Un exemple dans le domaine juridique? Très facile : songez qu'aujourd'hui le papier est roi dans l'administration judiciaire et que les personnels manquent. Permettez demain aux greffiers de pouvoir être déchargés de la fonction d'analyse, de contrôle et de validation des dossiers d'aide juridictionnelle déposés par les justiciables ou leurs avocats et vous verrez si on ne commence pas à souffler dans les bureaux des juridictions! Aussi fou que cela puisse paraître, la démarche est aujourd'hui quasiment 100% papier, avec de bons vieux formulaires A4 double pages à remplir au stylo... Du délire! On peut donc imaginer que si demain la Chancellerie pond une réforme sur l'aide juridictionnelle, le secrétariat d'Etat au numérique aura vocation à auditer la démarche pour permettre un gain d'argent, de temps et d'efficacité à la mise en place d'une telle démarche!

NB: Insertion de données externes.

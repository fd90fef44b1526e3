-- ===== src/Mint/Header.antt =====
-- The header that a session is signed over, in picomint-node-daemon/src/consensus/engine.rs.
use picomint.Prelude.{
  ℕ, ◌+◌, ◌<◌, ◌^◌, ◌≡◌, refl, true, false, some, List, [], ◌∷◌, ◌++◌, length, leb, ltb, arith, sym,
  ◌∙◌, ap, inl, inr, Bool-cases, Option-cases,
}
use picomint.Collections.BTreeMap
use picomint.Collections.BTreeMap.{BTreeMap, values}
use picomint.Collections.BTreeSet
use picomint.Collections.Dense.{Dense, insert_next, length-values}
use picomint.Mint.Server.{process_tx}
use picomint.Mint.Balance.{Result-cases}
use picomint.Mint.Votes.{consensus_block_height}
use picomint.Mint.Session.{
  ConsensusItem, tx_item, module_item, block_height, version_vote, AcceptedItem, Digest,
  SessionState, new_session, fold_item, fold_items, fold_header, session_header, Chain, Setup,
  process_consensus_item, order_items, order_items_until_cut, session_outcome_byte_target,
  rounds_per_session,
}

module _ {A : Type 0} (digest : Digest A) where
  fold-append :
      (s : SessionState) (xs : List A) (x : A)
      → fold_items digest s (xs ++ (x ∷ [])) ≡ fold_item digest (fold_items digest s xs) x
  unfolding fold_items
  fold-append s [] x = refl
  fold-append s (y ∷ xs) x = fold-append (fold_item digest s y) xs x

  fold-header :
      (s : SessionState) (xs : List A)
      → (fold_items digest s xs).header ≡ fold_header digest s.header xs
  unfolding fold_items fold_header
  fold-header s [] = refl
  fold-header s (x ∷ xs) = fold-header (fold_item digest s x) xs

  fold-index :
      (s : SessionState) (xs : List A)
      → s.index + length xs < 2 ^ 64
      → (fold_items digest s xs).index ≡ s.index + length xs
  unfolding fold_items
  fold-index s [] l = omega arith
  fold-index s (x ∷ xs) l = fold-index (fold_item digest s x) xs (omega arith) ∙ omega arith

module _ {S I O M : Type 0} (setup : Setup S I O M) where
  -- An item that is not accepted leaves the session's items.
  item-kept :
      (c : Chain S I O M) (node : ℕ) (item : ConsensusItem I O M) (c' : Chain S I O M)
      → process_consensus_item setup c node item ≡ some (false, c')
      → c'.accepted_items ≡ c.accepted_items
  unfolding process_consensus_item
  item-kept c node (tx_item tx) c' p =
      let txid = setup.txid_of tx.inputs tx.outputs in
      elim (Bool-cases (BTreeSet.contains txid c.accepted_txids)) [
        | inl again ↦ ground arith
        | inr fresh ↦
            elim (Option-cases (
              process_tx setup.scheme setup.keys
                (setup.onchain (consensus_block_height setup.n c.height_votes)) setup.txid_of
                c.books tx)) [
                  | inl panic ↦ absurd (ground arith)
                  | inr (r, done) ↦ elim (Result-cases r) [
                    | inl (e, bad) ↦ ground arith
                    | inr (b, good) ↦ absurd (ground arith)
                  ]
                ]
      ]
  item-kept c node (module_item ci) c' p = ground arith
  item-kept c node (block_height vote) c' p = ground arith
  item-kept c node (version_vote vote) c' p = ground arith

  -- The state stands for the session's items so far.
  abbrev Follows : ℕ → Chain S I O M → SessionState → Type 0
  Follows session c state =
      Dense 0 c.accepted_items
      × (state
          ≡ fold_items setup.digest (new_session setup.digest session) (values c.accepted_items))

  next-Follows :
      (session : ℕ) (c : Chain S I O M) (state : SessionState) (x : AcceptedItem I O M)
      → Follows session c state
      → length c.accepted_items < 2 ^ 64
      → Dense 0 (BTreeMap.insert state.index x c.accepted_items)
        × (fold_item setup.digest state x
            ≡ fold_items setup.digest
                (new_session setup.digest session)
                (values (BTreeMap.insert state.index x c.accepted_items)))
        × (length (BTreeMap.insert state.index x c.accepted_items) ≡ length c.accepted_items + 1)
  next-Follows session c state x (dense, same) small =
      let start = new_session setup.digest session in
      let len = length-values c.accepted_items in
      let at : state.index ≡ 0 + length c.accepted_items =
        ap (λ (s : SessionState). s.index) same
        ∙ fold-index setup.digest start (values c.accepted_items) (omega arith)
        ∙ omega arith in
      let (dense', vals, more) = insert_next 0 state.index c.accepted_items x dense at in
      (
        dense',
        ap (λ s. fold_item setup.digest s x) same
            ∙ sym (fold-append setup.digest start (values c.accepted_items) x)
            ∙ ap (fold_items setup.digest start) (sym vals),
        more,
      )

  Follows-header :
      (session : ℕ) (c : Chain S I O M) (state : SessionState)
      → Follows session c state
      → state.header ≡ session_header setup.digest session (values c.accepted_items)
  unfolding session_header
  Follows-header session c state (dense, same) =
      ap (λ (s : SessionState). s.header) same
      ∙ fold-header setup.digest (new_session setup.digest session) (values c.accepted_items)

  order_items-header :
      (deliveries : List (ℕ × ℕ × ConsensusItem I O M)) (session resume_from index : ℕ)
      (c : Chain S I O M) (state : SessionState) (h : ℕ) (c' : Chain S I O M)
      → Follows session c state
      → length c.accepted_items + length deliveries < 2 ^ 64
      → order_items setup resume_from c state index deliveries ≡ some (some h, c')
      → h ≡ session_header setup.digest session (values c'.accepted_items)
  unfolding order_items
  order_items-header [] session resume_from index c state h c' follows small p =
      let at = Follows-header session c state follows in
      elim (Bool-cases (leb session_outcome_byte_target state.bytes)) [
        | inl cut ↦
            let same : c ≡ c' = ground arith in
            let head : state.header ≡ h = ground arith in
            sym head
            ∙ at
            ∙ ap
                (λ (z : Chain S I O M).
                  session_header setup.digest session (values z.accepted_items))
                same
        | inr more_room ↦ absurd (ground arith)
      ]
  order_items-header ((round, node, item) ∷ deliveries) session resume_from index c state h c'
        follows small p =
      let at = Follows-header session c state follows in
      let begun : Chain S I O M = record c { resume_index = index + 1 } in
      let x : AcceptedItem I O M = record { node = node; item = item } in
      elim (Bool-cases (leb session_outcome_byte_target state.bytes)) [
        | inl cut ↦
            let same : c ≡ c' = ground arith in
            let head : state.header ≡ h = ground arith in
            sym head
            ∙ at
            ∙ ap
                (λ (z : Chain S I O M).
                  session_header setup.digest session (values z.accepted_items))
                same
        | inr more_room ↦ elim (Bool-cases (ltb index resume_from)) [
          | inl old ↦
              order_items-header deliveries session resume_from (index + 1) c state h c' follows
                (omega arith) (ground arith)
          | inr new ↦ elim (Bool-cases (leb rounds_per_session round)) [
            | inl cap ↦
                let same : c ≡ c' = ground arith in
                let head : state.header ≡ h = ground arith in
                sym head
                ∙ at
                ∙ ap
                    (λ (z : Chain S I O M).
                      session_header setup.digest session (values z.accepted_items))
                    same
            | inr low ↦ elim (Option-cases (process_consensus_item setup begun node item)) [
              | inl panic ↦ absurd (ground arith)
              | inr ((false, y), done) ↦
                  let kept = item-kept begun node item y done in
                  order_items-header deliveries session resume_from (index + 1)
                    (record y { resume_index = c.resume_index }) state h c' (rw kept follows)
                    (rw kept (omega arith)) (ground arith)
              | inr ((true, y), done) ↦
                  let (dense, same, more) = next-Follows session c state x follows (omega arith) in
                  order_items-header deliveries session resume_from (index + 1)
                    (record y { accepted_items = BTreeMap.insert state.index x c.accepted_items })
                    (fold_item setup.digest state x) h c' (dense, same) (omega (arith, more))
                    (ground arith)
            ]
          ]
        ]
      ]

  -- At the cut of a session the header is that of the session's accepted items, whether they were accepted
  -- in this run or before a restart, if the positions of those before are dense and the session stays below
  -- 2^64 items.
  pub order_items_until_cut-session_header :
      (c : Chain S I O M) (session : ℕ) (deliveries : List (ℕ × ℕ × ConsensusItem I O M)) (h : ℕ)
      (c' : Chain S I O M)
      → Dense 0 c.accepted_items
      → length c.accepted_items + length deliveries < 2 ^ 64
      → order_items_until_cut setup c session deliveries ≡ some (some h, c')
      → h ≡ session_header setup.digest session (values c'.accepted_items)
  unfolding order_items_until_cut
  order_items_until_cut-session_header c session deliveries h c' dense small p =
      order_items-header deliveries session c.resume_index 0 c
        (fold_items setup.digest (new_session setup.digest session) (values c.accepted_items)) h c'
        (dense, refl) small p
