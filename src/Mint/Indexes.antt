-- ===== src/Mint/Indexes.antt =====
-- The index of the incoming contracts over the runs of picomint-node-daemon/src/consensus/lightning/mod.rs.
use picomint.Prelude.{ℕ, ◌≡◌, some, [], arith, inl, inr, Option-cases}
use mathlib.Core.Path.{subst}
use picomint.Collections.PairMap
use picomint.Mint.Amounts.{checked_add}
use picomint.Mint.Ledger.{
  IncomingContract, OutgoingContract, OutgoingWitness, LightningInput, outgoing_input,
  incoming_input, claim, cancel, LightningOutput, Scheme, OutPoint, Ledger, Result, ok,
}
use picomint.Mint.Lightning.{
  claim_amount, LightningInputError, open_outgoing, process_lightning_input,
  process_lightning_output,
}
use picomint.Mint.Balance.{Result-cases}
use picomint.Mint.Contracts.{Indexed, lightning_output-Indexed, process_lightning_input_returns}

no_entry : (a b : ℕ) (c : IncomingContract) → PairMap.get a b [] ≡ some c → ⊥
unfolding PairMap.get
no_entry a b c k = cc

-- The two tables that the index ties together are the same.
abbrev pub SameIncoming : Ledger → Ledger → Type 0
SameIncoming l l' = (l'.incoming ≡ l.incoming) × (l'.incoming_index ≡ l.incoming_index)

SameIncoming-Indexed : (l l' : Ledger) → SameIncoming l l' → Indexed l → Indexed l'
SameIncoming-Indexed l l' (same, same_index) indexed a b c k =
    let (i, e) = indexed a b c (rw same at k) in (i, rw same_index e)

open_outgoing-SameIncoming :
    (scheme : Scheme) (l : Ledger) (p : OutPoint) (c : OutgoingContract) (w : OutgoingWitness)
    (pk : ℕ) (l' : Ledger)
    → open_outgoing scheme l p c w ≡ ok (pk, l')
    → SameIncoming l l'
unfolding open_outgoing
open_outgoing-SameIncoming scheme l p c (claim preimage) pk l' h = (ground arith, ground arith)
open_outgoing-SameIncoming scheme l p c (cancel signature) pk l' h = (ground arith, ground arith)

-- The contract that an input takes goes with its index, and every other contract keeps its own.
lightning_input-Indexed :
    (scheme : Scheme) (l : Ledger) (i : LightningInput) (a pk : ℕ) (l' : Ledger)
    → Indexed l
    → process_lightning_input scheme l i ≡ some (ok ((a, pk), l'))
    → Indexed l'
unfolding process_lightning_input
lightning_input-Indexed scheme l (outgoing_input p w) a pk l' indexed h =
    elim (Option-cases (PairMap.get p.0 p.1 l.outgoing)) [
      | inl gone ↦ absurd (ground arith)
      | inr (c, there) ↦
          let rest : Ledger = record l { outgoing = PairMap.remove p.0 p.1 l.outgoing } in
          elim (Result-cases (open_outgoing scheme rest p c w)) [
            | inl (e, bad) ↦ absurd (ground arith)
            | inr ((key, x), good) ↦
                let kept = open_outgoing-SameIncoming scheme rest p c w key x good in
                elim (Option-cases (checked_add c.amount c.fee)) [
                  | inl over ↦ absurd (ground arith)
                  | inr (v, fits) ↦
                      let same : x ≡ l' = ground arith in
                      subst Indexed same (SameIncoming-Indexed l x kept indexed)
                ]
          ]
    ]
lightning_input-Indexed scheme l (incoming_input p) a pk l' indexed h = λ x y d k.
    elim (Option-cases (PairMap.get p.0 p.1 l.incoming)) [
      | inl gone ↦ absurd (ground arith)
      | inr (c, there) ↦ elim (Option-cases (PairMap.get p.0 p.1 l.incoming_index)) [
        | inl lost ↦ absurd (ground arith)
        | inr (index, listed) ↦ elim (Option-cases (claim_amount c)) [
          | inl under ↦ absurd (ground arith)
          | inr (v, fits) ↦
              let held : PairMap.get x y (PairMap.remove p.0 p.1 l.incoming) ≡ some d =
                ground arith in
              let (i, e) =
                indexed x y d (ground (arith, PairMap.get-remove p.0 p.1 x y l.incoming)) in
              (
                i,
                ground (
                  arith,
                  PairMap.get-remove p.0 p.1 x y l.incoming,
                  PairMap.get-remove p.0 p.1 x y l.incoming_index,
                ),
              )
        ]
      ]
    ]

module _ (scheme : Scheme) where
  -- A ledger that a mint reaches from one without incoming contracts: by outputs and inputs that are
  -- accepted, and by what touches neither the incoming contracts nor their index.
  pub data Reached : Ledger → Type 0 where
    empty : (l : Ledger) → l.incoming ≡ [] → Reached l
    funded :
        (l : Ledger) (o : LightningOutput) (p : OutPoint) (a : ℕ) (l' : Ledger)
        → Reached l
        → process_lightning_output scheme l o p ≡ ok (a, l')
        → Reached l'
    opened :
        (l : Ledger) (i : LightningInput) (a pk : ℕ) (l' : Ledger)
        → Reached l
        → process_lightning_input scheme l i ≡ some (ok ((a, pk), l'))
        → Reached l'
    elsewhere : (l l' : Ledger) → Reached l → SameIncoming l l' → Reached l'

  Reached-Indexed : (l : Ledger) → Reached l → Indexed l
  Reached-Indexed l (empty _ none_yet) = λ a b c k. absurd (no_entry a b c (rw none_yet at k))
  Reached-Indexed l (funded x o p a _ run h) =
      lightning_output-Indexed scheme x o p a l (Reached-Indexed x run) h
  Reached-Indexed l (opened x i a pk _ run h) =
      lightning_input-Indexed scheme x i a pk l (Reached-Indexed x run) h
  Reached-Indexed l (elsewhere x _ run same) = SameIncoming-Indexed x l same (Reached-Indexed x run)

  -- On every ledger that a mint reaches from one without incoming contracts, by accepted lightning outputs
  -- and inputs and by what touches neither these contracts nor their index, `process_input` answers
  -- whatever the input: the `expect` on the index of a contract does not fail.
  pub Reached-returns :
      (l : Ledger) (i : LightningInput)
      → Reached l
      → (r : Result LightningInputError ((ℕ × ℕ) × Ledger)) × (process_lightning_input scheme l i
          ≡ some r)
  Reached-returns l i run = process_lightning_input_returns scheme l i (Reached-Indexed l run)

Assurément, la tâche du Ministre du Numérique est, pour le passionné de nouvelles technologies, à la fois une des plus motivantes mais aussi une des plus ardues qui soit dans les années qui viennent. Et la France doit absolument réussir ce pari. C'est fondamental.

On ne peut que se réjouir de sucroit que le Ministre soit un véritable connaisseur de ces sujets... et trembler à la perspective d'une défaite  aux législatives qui le conduirait à démissionner. 

Ce serait là, assurément, une véritable perte pour tous les technophiles et une perte encore plus lourde pour le gouvernement.

Croisons les doigts...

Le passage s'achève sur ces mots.